REQUIRED WORK :: Go to the line below containing "workspace_id_sound none h" and print exactly from there through the line containing "short = ltb→le", both included. Print nothing else.
====== EXCERPTED RECORDS ======
-- ===== src/Domain/Agent/Run/Valid.antt =====
-- What `__post_init__` guarantees, and that a transition of a valid run is never refused by it.
use kelvin_assistant.Prelude.{
  ℕ, ◌+◌, ◌≤◌, ◌≡◌, refl, true, false, Bool-cases, inl, inr, Option, none, some, Text, strip,
  strip-strip, is_empty, length, if◌then◌else◌, arith, leb, ltb→le, le→ltb, contains, not, ◌==◌,
}
use kelvin_assistant.Prelude.Regex.{fullmatch}
use kelvin_assistant.Prelude.Result.{
  Result, ok, raise, >>=-eq-ok, raise_if-eq-ok, returned, agent_domain_error, step_limit_error,
  invalid_transition_error,
}
use kelvin_assistant.Domain.Agent.Names.{workspace_id_pattern}
use kelvin_assistant.Domain.Agent.Status.{AgentStatus, executing, status_eq, allowed_transitions}
use kelvin_assistant.Domain.Agent.Run.{
  AgentRun, max_agent_steps, max_agent_goal_length, normalize_required_text, normalize_workspace_id,
  or_now, run_post_init, next_step_count, transition_to,
}

abbrev pub ValidWorkspace : Option Text → Type 0
ValidWorkspace none = Unit
ValidWorkspace (some w) = (strip w ≡ w) × (fullmatch workspace_id_pattern w ≡ true)

abbrev pub IsGiven : {A : Type 0} → Option A → Type 0
IsGiven none = ⊥
IsGiven (some a) = Unit

pub record IsValid (run : AgentRun) : Type 0 where
  pub stripped : strip run.goal ≡ run.goal
  pub full : is_empty run.goal ≡ false
  pub short : length run.goal ≤ max_agent_goal_length
  pub some_steps : 1 ≤ run.max_steps
  pub few_steps : run.max_steps ≤ max_agent_steps
  pub steps : run.step_count ≤ run.max_steps
  pub workspace : ValidWorkspace run.workspace_id
  pub created : IsGiven run.created_at
  pub updated : IsGiven run.updated_at

-- What a constructed run satisfies, by the guards of `__post_init__`.
required_text :
    (value : Text) {t : Text}
    → normalize_required_text value ≡ ok t
    → (strip t ≡ t) × (is_empty t ≡ false)
unfolding normalize_required_text
required_text value {t} h = elim (Bool-cases (is_empty (strip value))) [
  | inl e ↦ cc (rw e at h)
  | inr e ↦ let same : strip value ≡ t = cc (rw e at h) in rw (← same) (strip-strip value, e)
]

pub normalize_required_text_fixed :
    (t : Text) → strip t ≡ t → is_empty t ≡ false → normalize_required_text t ≡ ok t
unfolding normalize_required_text
normalize_required_text_fixed t s n = rw (s, n)

workspace_id_sound :
    (w : Option Text) {v : Option Text} → normalize_workspace_id w ≡ ok v → ValidWorkspace v
unfolding normalize_workspace_id
workspace_id_sound none h = returned ValidWorkspace h tt
workspace_id_sound (some w) h = elim (Bool-cases (fullmatch workspace_id_pattern (strip w))) [
  | inl e ↦ returned ValidWorkspace (rw e at h) (strip-strip w, e)
  | inr e ↦ cc (rw e at h)
]

workspace_id_fixed : (w : Option Text) → ValidWorkspace w → normalize_workspace_id w ≡ ok w
unfolding normalize_workspace_id
workspace_id_fixed none h = refl
workspace_id_fixed (some w) h = rw (h.0, h.1)

or_now-IsGiven : (now : ℕ) (t : Option ℕ) → IsGiven (or_now now t)
or_now-IsGiven now none = tt
or_now-IsGiven now (some t) = tt

or_now_fixed : (now : ℕ) (t : Option ℕ) → IsGiven t → or_now now t ≡ t
or_now_fixed now none h = absurd h
or_now_fixed now (some t) h = refl

-- A run that is constructed is valid, and keeps its identifier, its status and its counters.
pub record Constructed (run : AgentRun) (r : AgentRun) : Type 0 where
  pub valid : IsValid r
  pub id : r.id ≡ run.id
  pub status : r.status ≡ run.status
  pub step_count : r.step_count ≡ run.step_count
  pub max_steps : r.max_steps ≡ run.max_steps
  pub version : r.version ≡ run.version

pub run_post_init-Constructed :
    (now : ℕ) (run : AgentRun) {r : AgentRun} → run_post_init now run ≡ ok r → Constructed run r
unfolding run_post_init
run_post_init-Constructed now run h =
    let (goal, g, h₁) = >>=-eq-ok (normalize_required_text run.goal) _ h in
    let (stripped, full) = required_text run.goal g in
    let (short, h₂) = raise_if-eq-ok _ agent_domain_error _ h₁ in
    let (range, h₃) = raise_if-eq-ok _ agent_domain_error _ h₂ in
    let (steps, h₄) = raise_if-eq-ok _ agent_domain_error _ h₃ in
    let (workspace, w, h₅) = >>=-eq-ok (normalize_workspace_id run.workspace_id) _ h₄ in
    returned (Constructed run) h₅ (record {
      id = refl;
      status = refl;
      step_count = refl;
      max_steps = refl;
      version = refl;
      valid = record {
        stripped = stripped;
        full = full;
        short = ltb→le max_agent_goal_length _ short;
        some_steps = ground arith;
        few_steps = ground arith;
        steps = ltb→le run.max_steps _ steps;
        workspace = workspace_id_sound run.workspace_id w;
        created = or_now-IsGiven now run.created_at;
        updated = or_now-IsGiven now run.updated_at;
      };
    })

pub run_post_init_fixed : (now : ℕ) (run : AgentRun) → IsValid run → run_post_init now run ≡ ok run
unfolding run_post_init
run_post_init_fixed now run v = rw (
  normalize_required_text_fixed run.goal v.stripped v.full,
  le→ltb max_agent_goal_length _ v.short,
  le→ltb run.max_steps 1 v.some_steps,
  le→ltb max_agent_steps run.max_steps v.few_steps,
  le→ltb run.max_steps run.step_count v.steps,
  workspace_id_fixed run.workspace_id v.workspace,
  or_now_fixed now run.created_at v.created,
  or_now_fixed now run.updated_at v.updated,
)

-- The run that an allowed transition gives, with the number of steps that it has used.
abbrev pub moved : ℕ → AgentRun → AgentStatus → ℕ → AgentRun
moved now run next_status steps = record run {
  status = next_status;
  step_count = steps;
  version = run.version + 1;
  updated_at = some now;
}

pub moved-IsValid :
    (now : ℕ) (run : AgentRun) (next_status : AgentStatus) (steps : ℕ)
    → IsValid run
    → steps ≤ run.max_steps
    → IsValid (moved now run next_status steps)
moved-IsValid now run next_status steps v fits = record {
  stripped = v.stripped;
  full = v.full;
  short = v.short;
  some_steps = v.some_steps;
  few_steps = v.few_steps;
  steps = fits;
  workspace = v.workspace;
  created = v.created;
  updated = tt;
}

-- What `transition_to` returns.
abbrev pub transition : ℕ → AgentRun → AgentStatus → Result AgentRun
transition now run next_status =
    if not (contains (allowed_transitions run.status) next_status)
    then raise invalid_transition_error
    else if next_status == executing
    then (if leb run.max_steps run.step_count
        then raise step_limit_error
        else ok (moved now run next_status (run.step_count + 1)))
    else ok (moved now run next_status run.step_count)

-- On a valid run the second validation, by `replace`, neither fails nor changes a field.
pub transition_to_lem :
    (now : ℕ) (run : AgentRun) (next_status : AgentStatus)
    → IsValid run
    → transition_to now run next_status ≡ transition now run next_status
unfolding transition_to next_step_count
transition_to_lem now run next_status v =
    elim (Bool-cases (not (contains (allowed_transitions run.status) next_status))) [
      | inl e ↦ rw e
      | inr e ↦ rw e (elim (Bool-cases (next_status == executing)) [
        | inl x ↦ rw x (elim (Bool-cases (leb run.max_steps run.step_count)) [
          | inl full ↦ rw full
          | inr room ↦ rw room (
              run_post_init_fixed now _
                (moved-IsValid now run next_status (run.step_count + 1) v (ground arith)))
        ])
        | inr x ↦
            rw x (
              run_post_init_fixed now _
                (moved-IsValid now run next_status run.step_count v v.steps))
      ])
    ]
======
EXERCISE ANSWER ::
workspace_id_sound none h = returned ValidWorkspace h tt
workspace_id_sound (some w) h = elim (Bool-cases (fullmatch workspace_id_pattern (strip w))) [
  | inl e ↦ returned ValidWorkspace (rw e at h) (strip-strip w, e)
  | inr e ↦ cc (rw e at h)
]

workspace_id_fixed : (w : Option Text) → ValidWorkspace w → normalize_workspace_id w ≡ ok w
unfolding normalize_workspace_id
workspace_id_fixed none h = refl
workspace_id_fixed (some w) h = rw (h.0, h.1)

or_now-IsGiven : (now : ℕ) (t : Option ℕ) → IsGiven (or_now now t)
or_now-IsGiven now none = tt
or_now-IsGiven now (some t) = tt

or_now_fixed : (now : ℕ) (t : Option ℕ) → IsGiven t → or_now now t ≡ t
or_now_fixed now none h = absurd h
or_now_fixed now (some t) h = refl

-- A run that is constructed is valid, and keeps its identifier, its status and its counters.
pub record Constructed (run : AgentRun) (r : AgentRun) : Type 0 where
  pub valid : IsValid r
  pub id : r.id ≡ run.id
  pub status : r.status ≡ run.status
  pub step_count : r.step_count ≡ run.step_count
  pub max_steps : r.max_steps ≡ run.max_steps
  pub version : r.version ≡ run.version

pub run_post_init-Constructed :
    (now : ℕ) (run : AgentRun) {r : AgentRun} → run_post_init now run ≡ ok r → Constructed run r
unfolding run_post_init
run_post_init-Constructed now run h =
    let (goal, g, h₁) = >>=-eq-ok (normalize_required_text run.goal) _ h in
    let (stripped, full) = required_text run.goal g in
    let (short, h₂) = raise_if-eq-ok _ agent_domain_error _ h₁ in
    let (range, h₃) = raise_if-eq-ok _ agent_domain_error _ h₂ in
    let (steps, h₄) = raise_if-eq-ok _ agent_domain_error _ h₃ in
    let (workspace, w, h₅) = >>=-eq-ok (normalize_workspace_id run.workspace_id) _ h₄ in
    returned (Constructed run) h₅ (record {
      id = refl;
      status = refl;
      step_count = refl;
      max_steps = refl;
      version = refl;
      valid = record {
        stripped = stripped;
        full = full;
        short = ltb→le max_agent_goal_length _ short;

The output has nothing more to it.